Exercise inputs section start
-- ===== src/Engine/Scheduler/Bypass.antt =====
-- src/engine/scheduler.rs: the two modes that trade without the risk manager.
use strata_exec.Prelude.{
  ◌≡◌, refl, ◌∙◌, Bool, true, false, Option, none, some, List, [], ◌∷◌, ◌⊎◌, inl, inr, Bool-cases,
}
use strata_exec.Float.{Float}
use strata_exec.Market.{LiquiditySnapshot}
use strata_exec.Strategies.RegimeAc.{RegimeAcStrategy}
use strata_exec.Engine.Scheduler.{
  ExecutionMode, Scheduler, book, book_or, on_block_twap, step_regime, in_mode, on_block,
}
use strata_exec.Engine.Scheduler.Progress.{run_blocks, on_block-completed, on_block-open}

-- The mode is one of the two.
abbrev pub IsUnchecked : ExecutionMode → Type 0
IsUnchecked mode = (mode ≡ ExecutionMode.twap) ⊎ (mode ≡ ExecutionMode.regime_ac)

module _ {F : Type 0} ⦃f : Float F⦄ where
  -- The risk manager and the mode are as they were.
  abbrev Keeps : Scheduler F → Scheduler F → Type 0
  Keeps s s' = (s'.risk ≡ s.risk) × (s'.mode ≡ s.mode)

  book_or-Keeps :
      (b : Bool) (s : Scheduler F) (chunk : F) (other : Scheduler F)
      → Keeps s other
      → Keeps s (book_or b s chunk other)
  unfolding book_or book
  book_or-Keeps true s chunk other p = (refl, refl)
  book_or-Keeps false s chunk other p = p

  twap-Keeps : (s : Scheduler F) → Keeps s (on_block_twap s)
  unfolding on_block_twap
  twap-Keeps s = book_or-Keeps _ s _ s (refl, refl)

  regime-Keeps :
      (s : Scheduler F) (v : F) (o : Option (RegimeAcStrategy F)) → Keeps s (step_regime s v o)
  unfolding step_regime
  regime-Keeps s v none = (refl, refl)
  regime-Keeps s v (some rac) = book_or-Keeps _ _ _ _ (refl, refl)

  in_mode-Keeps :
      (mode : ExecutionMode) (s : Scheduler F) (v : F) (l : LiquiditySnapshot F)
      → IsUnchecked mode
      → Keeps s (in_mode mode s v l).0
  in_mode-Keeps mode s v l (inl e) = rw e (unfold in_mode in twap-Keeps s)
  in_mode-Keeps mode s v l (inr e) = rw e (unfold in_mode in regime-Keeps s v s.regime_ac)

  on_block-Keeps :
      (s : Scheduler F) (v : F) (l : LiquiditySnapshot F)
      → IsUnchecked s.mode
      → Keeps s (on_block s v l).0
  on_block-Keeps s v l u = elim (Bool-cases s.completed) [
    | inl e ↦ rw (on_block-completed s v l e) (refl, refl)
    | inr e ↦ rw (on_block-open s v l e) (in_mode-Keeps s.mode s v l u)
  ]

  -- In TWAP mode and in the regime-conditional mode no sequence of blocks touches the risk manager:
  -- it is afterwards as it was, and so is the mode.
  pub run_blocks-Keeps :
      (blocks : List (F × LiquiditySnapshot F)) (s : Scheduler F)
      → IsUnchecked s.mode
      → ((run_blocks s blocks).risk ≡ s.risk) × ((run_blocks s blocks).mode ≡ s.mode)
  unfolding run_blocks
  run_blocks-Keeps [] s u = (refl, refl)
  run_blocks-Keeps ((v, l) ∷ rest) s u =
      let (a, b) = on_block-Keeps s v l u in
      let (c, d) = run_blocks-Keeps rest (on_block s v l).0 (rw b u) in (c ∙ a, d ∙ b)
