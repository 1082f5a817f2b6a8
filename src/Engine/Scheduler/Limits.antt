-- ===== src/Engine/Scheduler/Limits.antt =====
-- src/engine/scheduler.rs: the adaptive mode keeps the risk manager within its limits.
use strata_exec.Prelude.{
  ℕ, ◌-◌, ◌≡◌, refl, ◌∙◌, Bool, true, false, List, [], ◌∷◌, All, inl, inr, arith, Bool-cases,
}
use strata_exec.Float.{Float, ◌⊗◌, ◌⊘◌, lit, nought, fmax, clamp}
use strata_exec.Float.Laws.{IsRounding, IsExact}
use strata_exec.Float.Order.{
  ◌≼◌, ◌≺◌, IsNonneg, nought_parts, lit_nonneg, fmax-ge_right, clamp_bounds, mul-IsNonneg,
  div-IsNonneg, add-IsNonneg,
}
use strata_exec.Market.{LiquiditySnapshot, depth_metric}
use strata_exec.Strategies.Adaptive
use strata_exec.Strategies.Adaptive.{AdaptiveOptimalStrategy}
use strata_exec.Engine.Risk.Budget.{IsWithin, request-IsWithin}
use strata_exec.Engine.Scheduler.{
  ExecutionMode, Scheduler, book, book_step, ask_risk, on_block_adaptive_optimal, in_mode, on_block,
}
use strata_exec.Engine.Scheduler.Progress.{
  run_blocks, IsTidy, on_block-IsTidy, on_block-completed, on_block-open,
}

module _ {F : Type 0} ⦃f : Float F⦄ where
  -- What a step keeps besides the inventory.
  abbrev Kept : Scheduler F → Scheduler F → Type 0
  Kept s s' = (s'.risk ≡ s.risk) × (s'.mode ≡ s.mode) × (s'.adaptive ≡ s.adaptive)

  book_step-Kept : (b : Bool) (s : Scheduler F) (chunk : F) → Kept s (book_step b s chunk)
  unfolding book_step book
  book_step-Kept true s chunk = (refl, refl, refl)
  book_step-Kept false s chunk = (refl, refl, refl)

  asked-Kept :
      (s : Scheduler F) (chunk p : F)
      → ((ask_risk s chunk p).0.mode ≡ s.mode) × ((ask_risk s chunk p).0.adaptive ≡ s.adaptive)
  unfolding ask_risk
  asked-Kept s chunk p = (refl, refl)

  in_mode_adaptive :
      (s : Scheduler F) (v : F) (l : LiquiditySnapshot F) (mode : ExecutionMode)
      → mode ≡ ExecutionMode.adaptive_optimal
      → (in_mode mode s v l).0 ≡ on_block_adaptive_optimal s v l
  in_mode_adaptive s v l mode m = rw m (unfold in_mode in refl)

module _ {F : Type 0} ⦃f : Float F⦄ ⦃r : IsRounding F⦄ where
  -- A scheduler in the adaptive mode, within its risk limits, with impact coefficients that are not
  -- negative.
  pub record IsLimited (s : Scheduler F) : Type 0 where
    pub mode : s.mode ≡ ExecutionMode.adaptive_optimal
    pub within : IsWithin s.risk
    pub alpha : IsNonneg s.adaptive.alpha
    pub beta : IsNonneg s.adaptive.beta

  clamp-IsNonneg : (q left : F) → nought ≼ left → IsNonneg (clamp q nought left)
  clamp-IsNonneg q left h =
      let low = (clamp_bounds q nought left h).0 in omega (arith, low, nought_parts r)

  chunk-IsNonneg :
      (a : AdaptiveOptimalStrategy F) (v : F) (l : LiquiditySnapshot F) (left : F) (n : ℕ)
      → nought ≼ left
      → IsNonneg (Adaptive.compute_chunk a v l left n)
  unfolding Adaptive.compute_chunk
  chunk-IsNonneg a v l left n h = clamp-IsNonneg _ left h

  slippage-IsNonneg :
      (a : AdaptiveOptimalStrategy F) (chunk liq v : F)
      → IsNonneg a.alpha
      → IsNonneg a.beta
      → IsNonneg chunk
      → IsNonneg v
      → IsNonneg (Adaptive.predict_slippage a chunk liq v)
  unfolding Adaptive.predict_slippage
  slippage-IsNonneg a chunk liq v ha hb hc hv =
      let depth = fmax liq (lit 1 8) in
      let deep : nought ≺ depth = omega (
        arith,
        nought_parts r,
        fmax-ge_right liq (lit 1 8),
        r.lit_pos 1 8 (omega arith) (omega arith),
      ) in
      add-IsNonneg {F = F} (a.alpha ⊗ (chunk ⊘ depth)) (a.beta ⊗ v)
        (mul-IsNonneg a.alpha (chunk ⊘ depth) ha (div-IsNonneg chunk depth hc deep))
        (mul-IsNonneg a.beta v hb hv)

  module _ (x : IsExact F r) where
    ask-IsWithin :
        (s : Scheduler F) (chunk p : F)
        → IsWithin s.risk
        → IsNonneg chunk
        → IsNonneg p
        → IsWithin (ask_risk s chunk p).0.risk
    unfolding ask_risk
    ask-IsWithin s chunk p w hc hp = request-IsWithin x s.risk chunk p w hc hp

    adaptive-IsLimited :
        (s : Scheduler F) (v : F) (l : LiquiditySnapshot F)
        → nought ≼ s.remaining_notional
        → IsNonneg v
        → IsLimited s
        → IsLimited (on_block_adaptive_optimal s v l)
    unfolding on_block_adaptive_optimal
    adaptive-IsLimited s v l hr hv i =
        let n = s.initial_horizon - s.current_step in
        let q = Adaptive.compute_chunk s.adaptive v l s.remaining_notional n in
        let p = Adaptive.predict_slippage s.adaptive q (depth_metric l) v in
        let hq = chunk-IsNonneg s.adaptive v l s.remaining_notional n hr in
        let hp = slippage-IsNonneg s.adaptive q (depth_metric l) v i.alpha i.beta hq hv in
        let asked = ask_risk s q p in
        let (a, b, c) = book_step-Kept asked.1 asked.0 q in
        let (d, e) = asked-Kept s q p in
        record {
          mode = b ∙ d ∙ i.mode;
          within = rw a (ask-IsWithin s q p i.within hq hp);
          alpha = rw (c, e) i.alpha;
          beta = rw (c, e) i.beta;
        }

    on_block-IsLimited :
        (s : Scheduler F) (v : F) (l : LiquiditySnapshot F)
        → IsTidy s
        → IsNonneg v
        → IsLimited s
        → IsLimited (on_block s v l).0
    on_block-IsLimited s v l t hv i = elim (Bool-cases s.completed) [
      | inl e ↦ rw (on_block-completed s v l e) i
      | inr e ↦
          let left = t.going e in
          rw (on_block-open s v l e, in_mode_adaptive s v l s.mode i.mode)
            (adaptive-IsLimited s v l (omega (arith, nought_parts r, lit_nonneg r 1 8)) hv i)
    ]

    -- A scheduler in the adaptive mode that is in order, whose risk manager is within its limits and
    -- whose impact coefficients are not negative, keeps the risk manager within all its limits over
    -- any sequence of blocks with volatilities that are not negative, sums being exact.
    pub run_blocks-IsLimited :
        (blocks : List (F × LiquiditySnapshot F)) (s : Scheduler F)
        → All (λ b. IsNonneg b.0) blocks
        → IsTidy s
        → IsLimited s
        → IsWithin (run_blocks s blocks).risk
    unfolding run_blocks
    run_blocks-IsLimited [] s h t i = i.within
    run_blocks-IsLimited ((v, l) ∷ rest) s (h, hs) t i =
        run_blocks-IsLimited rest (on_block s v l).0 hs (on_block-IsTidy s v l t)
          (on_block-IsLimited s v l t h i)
Exercise inputs section end
### To do
The answer should consist of all lines from the records above that hold the word "Float".

### Completed task
use strata_exec.Float.{Float}
module _ {F : Type 0} ⦃f : Float F⦄ where
use strata_exec.Float.{Float, ◌⊗◌, ◌⊘◌, lit, nought, fmax, clamp}
use strata_exec.Float.Laws.{IsRounding, IsExact}
use strata_exec.Float.Order.{
module _ {F : Type 0} ⦃f : Float F⦄ where
module _ {F : Type 0} ⦃f : Float F⦄ ⦃r : IsRounding F⦄ where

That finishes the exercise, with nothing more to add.